I started off by getting the equation U = (1/2)QV = (1/2)CV^2 = (Q^2)/2C. Then I realized that I was given A and d, so I reworded the equation into U = (dQ^2)/(2EoA). At this point I was stuck because I do not have a Q to plug in.

I used U = (CV^2)/2 = (kEoAV^2)/2d, using k = 1.00059, Eo = 8.85 x 10^-12 C^2/Nm^2, A = 3.15 x 10^-4 n^2m d = 0.00275 m, and V = 575 V, obtaining an answer of 1.6768 x 10^-5 J as my answer for the first part. I tried the same method for part (b), but my answer of 4.192 x 10^-6 J is incorrect. Any ideas of where I went wrong?

Also, look at "A = 3.15 x 10^-4 n^2m" the units are strange. Area should be square of the basic length dimension, as in m^{2}. So, 315 cm^{2} = 315 x 10^{-4} m^{2} = 0.0315 m^{2}.

Also, since C = a/d where a is just [itex]k\,\epsilon_o\,A[/itex], then

C_{1}d_{1} = C_{2}d_{2}. If one solves part a, then one can use this relationship for the second part.
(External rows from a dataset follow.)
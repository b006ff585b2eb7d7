-- ===== src/ClosedLoop/Talk.antt =====
-- closed_loop.py: the frames that the script exchanges with the board, round by round.
use fpga_pi_parallel_nids.Prelude.{
  ℕ, suc, ◌%◌, ◌≤◌, ◌≡◌, refl, sym, ap, ◌∙◌, true, false, not, ◌&&◌, ◌||◌, List, [], ◌∷◌, ◌++◌, map,
  Option, none, some, ok, arith, leb, ◌==◌, get_or, length, append_nil, append_one,
}
use fpga_pi_parallel_nids.Prelude.Bytes.{Bytes, zeros}
use fpga_pi_parallel_nids.ClosedLoop.{Arguments, frame}
use fpga_pi_parallel_nids.Control.Commands.{Command, rule_write, read_command}
use fpga_pi_parallel_nids.Orchestrator.{lookup_idx, op_snapshot}
use fpga_pi_parallel_nids.Rules.{Rule}
use fpga_pi_parallel_nids.Telemetry.{SnapResponse, telemetry_magic, decode_snapshot}
use fpga_pi_parallel_nids.Traffic.{has}

-- A frame that was sent, with the one that came back.
abbrev pub Exchange : Type 0
Exchange = Bytes × Bytes

-- The rule of a source, as the board reads it.
abbrev pub rule_of : Arguments → ℕ → ℕ → Rule
rule_of args epoch key = record {
  src_ip = key;
  action = args.action % 256;
  severity = args.severity % 256;
  epoch = epoch % 256;
}

-- The exchanges of `n` rounds, and the sources that have a rule before and after them. In a round
-- the script asks for the snapshot and takes the answer; when that is a snapshot whose top talker
-- meets the trigger and has no rule yet, it sends the rule of that source for the slot of its hash
-- and takes the acknowledgement, and otherwise it sends nothing more.
pub data Talks (args : Arguments) (epoch : ℕ) : ℕ → List ℕ → List Exchange → List ℕ → Type 0 where
  over : (seen : List ℕ) → Talks args epoch 0 seen [] seen
  unready :
      {n : ℕ} {seen after : List ℕ} {talk : List Exchange}
      → (a rx : Bytes) → (get_or rx 0 0 == telemetry_magic) ≡ false
      → Talks args epoch n seen talk after
      → Talks args epoch (suc n) seen ((frame op_snapshot [], a) ∷ (zeros 32, rx) ∷ talk) after
  passed :
      {n : ℕ} {seen after : List ℕ} {talk : List Exchange}
      → (a rx : Bytes) (s : SnapResponse) → (get_or rx 0 0 == telemetry_magic) ≡ true
      → decode_snapshot rx ≡ ok s
      → (leb args.trigger s.top1_count && not (has seen s.top1_key)) ≡ false
      → Talks args epoch n seen talk after
      → Talks args epoch (suc n) seen ((frame op_snapshot [], a) ∷ (zeros 32, rx) ∷ talk) after
  pushed :
      {n : ℕ} {seen after : List ℕ} {talk : List Exchange}
      → (a rx f b c : Bytes) (s : SnapResponse) → (get_or rx 0 0 == telemetry_magic) ≡ true
      → decode_snapshot rx ≡ ok s
      → args.trigger ≤ s.top1_count
      → has seen s.top1_key ≡ false
      → read_command f ≡ some (rule_write (lookup_idx s.top1_key) (rule_of args epoch s.top1_key))
      → Talks args epoch n (seen ++ (s.top1_key ∷ [])) talk after
      → Talks args epoch
          (suc n)
          seen
          ((frame op_snapshot [], a) ∷ (zeros 32, rx) ∷ (f, b) ∷ (zeros 32, c) ∷ talk)
          after

-- No source twice.
abbrev pub IsDistinct : List ℕ → Type 0
IsDistinct [] = Unit
IsDistinct (x ∷ xs) = (has xs x ≡ false) × IsDistinct xs

has-append : (xs : List ℕ) (x y : ℕ) → has (xs ++ (x ∷ [])) y ≡ (has xs y || x == y)
unfolding has
has-append [] x y = ground arith
has-append (z ∷ xs) x y = ground (arith, has-append xs x y)

IsDistinct-append :
    (xs : List ℕ) (x : ℕ) → IsDistinct xs → has xs x ≡ false → IsDistinct (xs ++ (x ∷ []))
unfolding has
IsDistinct-append [] x d fresh = (refl, tt)
IsDistinct-append (z ∷ xs) x (z_fresh, d) fresh =
    (ground (arith, has-append xs x z), IsDistinct-append xs x d (ground arith))

-- The rule writes among the frames that were sent, each with its slot.
abbrev with_command : Option Command → List (ℕ × Rule) → List (ℕ × Rule)
with_command (some (rule_write idx rule)) rest = (idx, rule) ∷ rest
with_command c rest = rest

abbrev pub rules_sent : List Exchange → List (ℕ × Rule)
rules_sent [] = []
rules_sent ((f, answer) ∷ talk) = with_command (read_command f) (rules_sent talk)

-- The slot and the rule of a source.
abbrev pub slot_and_rule : Arguments → ℕ → ℕ → ℕ × Rule
slot_and_rule args epoch key = (lookup_idx key, rule_of args epoch key)

ask_none : read_command (frame op_snapshot []) ≡ none
unfolding read_command frame
ask_none = refl

flush_none : read_command (zeros 32) ≡ none
unfolding read_command
flush_none = refl

module _ {args : Arguments} {epoch : ℕ} where
  pub Talks-IsDistinct :
      {n : ℕ} {seen after : List ℕ} {talk : List Exchange}
      → Talks args epoch n seen talk after
      → IsDistinct seen
      → IsDistinct after
  Talks-IsDistinct (over seen) d = d
  Talks-IsDistinct (unready a rx e rest) d = Talks-IsDistinct rest d
  Talks-IsDistinct (passed a rx s m e t rest) d = Talks-IsDistinct rest d
  Talks-IsDistinct (pushed {seen = seen} a rx f b c s m e t fresh r rest) d =
      Talks-IsDistinct rest (IsDistinct-append seen s.top1_key d fresh)

  -- The sources that are new, with one rule for each.
  pub Talks-rules_sent :
      {n : ℕ} {seen after : List ℕ} {talk : List Exchange}
      → Talks args epoch n seen talk after
      → (new : List ℕ) × (after ≡ seen ++ new)
        × (rules_sent talk ≡ map (slot_and_rule args epoch) new)
        × (length new ≤ n)
  Talks-rules_sent (over seen) = ([], sym (append_nil seen), refl, omega arith)
  Talks-rules_sent (unready a rx e rest) =
      let (new, more, sent, few) = Talks-rules_sent rest in
      (new, more, rw (ask_none, flush_none) sent, omega (arith, few))
  Talks-rules_sent (passed a rx s m e t rest) =
      let (new, more, sent, few) = Talks-rules_sent rest in
      (new, more, rw (ask_none, flush_none) sent, omega (arith, few))
  Talks-rules_sent (pushed {seen = seen} a rx f b c s m e t fresh r rest) =
      let (new, more, sent, few) = Talks-rules_sent rest in
      (
        s.top1_key ∷ new,
        more ∙ append_one seen s.top1_key new,
        rw (ask_none, flush_none, r) (ap (λ rs. slot_and_rule args epoch s.top1_key ∷ rs) sent),
        omega (arith, few),
      )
Sorry, I actually meant to put 315 x 10^-4 m^2 = A. I don't know why I put those units that I put lol. But using your method, I got the same answer I got before, 4.192 x 10^-6 J, which is incorrect. Using your equation, I solved for C2 = C1d1/d2 = (1.0143 x 10^-10 F)(0.00275 m)/(0.011 m) = 2.5358 x 10^-11, which I plugged into U = (1/2)CV^2, getting 4.192 x 10^-6 J, which again is incorrect. What am I doing wrong?

Looking at U = (1/2)QV = (1/2)CV^2 = (Q^2)/2C, and thinking about what Doc Al mentioned, what changes and what remains the same as the distance is changed and the capacitor is isolated?

Hmm, okay. That makes sense. So V remains the same. Does this also mean that after the separation increased to 11 mm, the same amount of energy is stored as before, which is 1.6768 x 10^-5 J?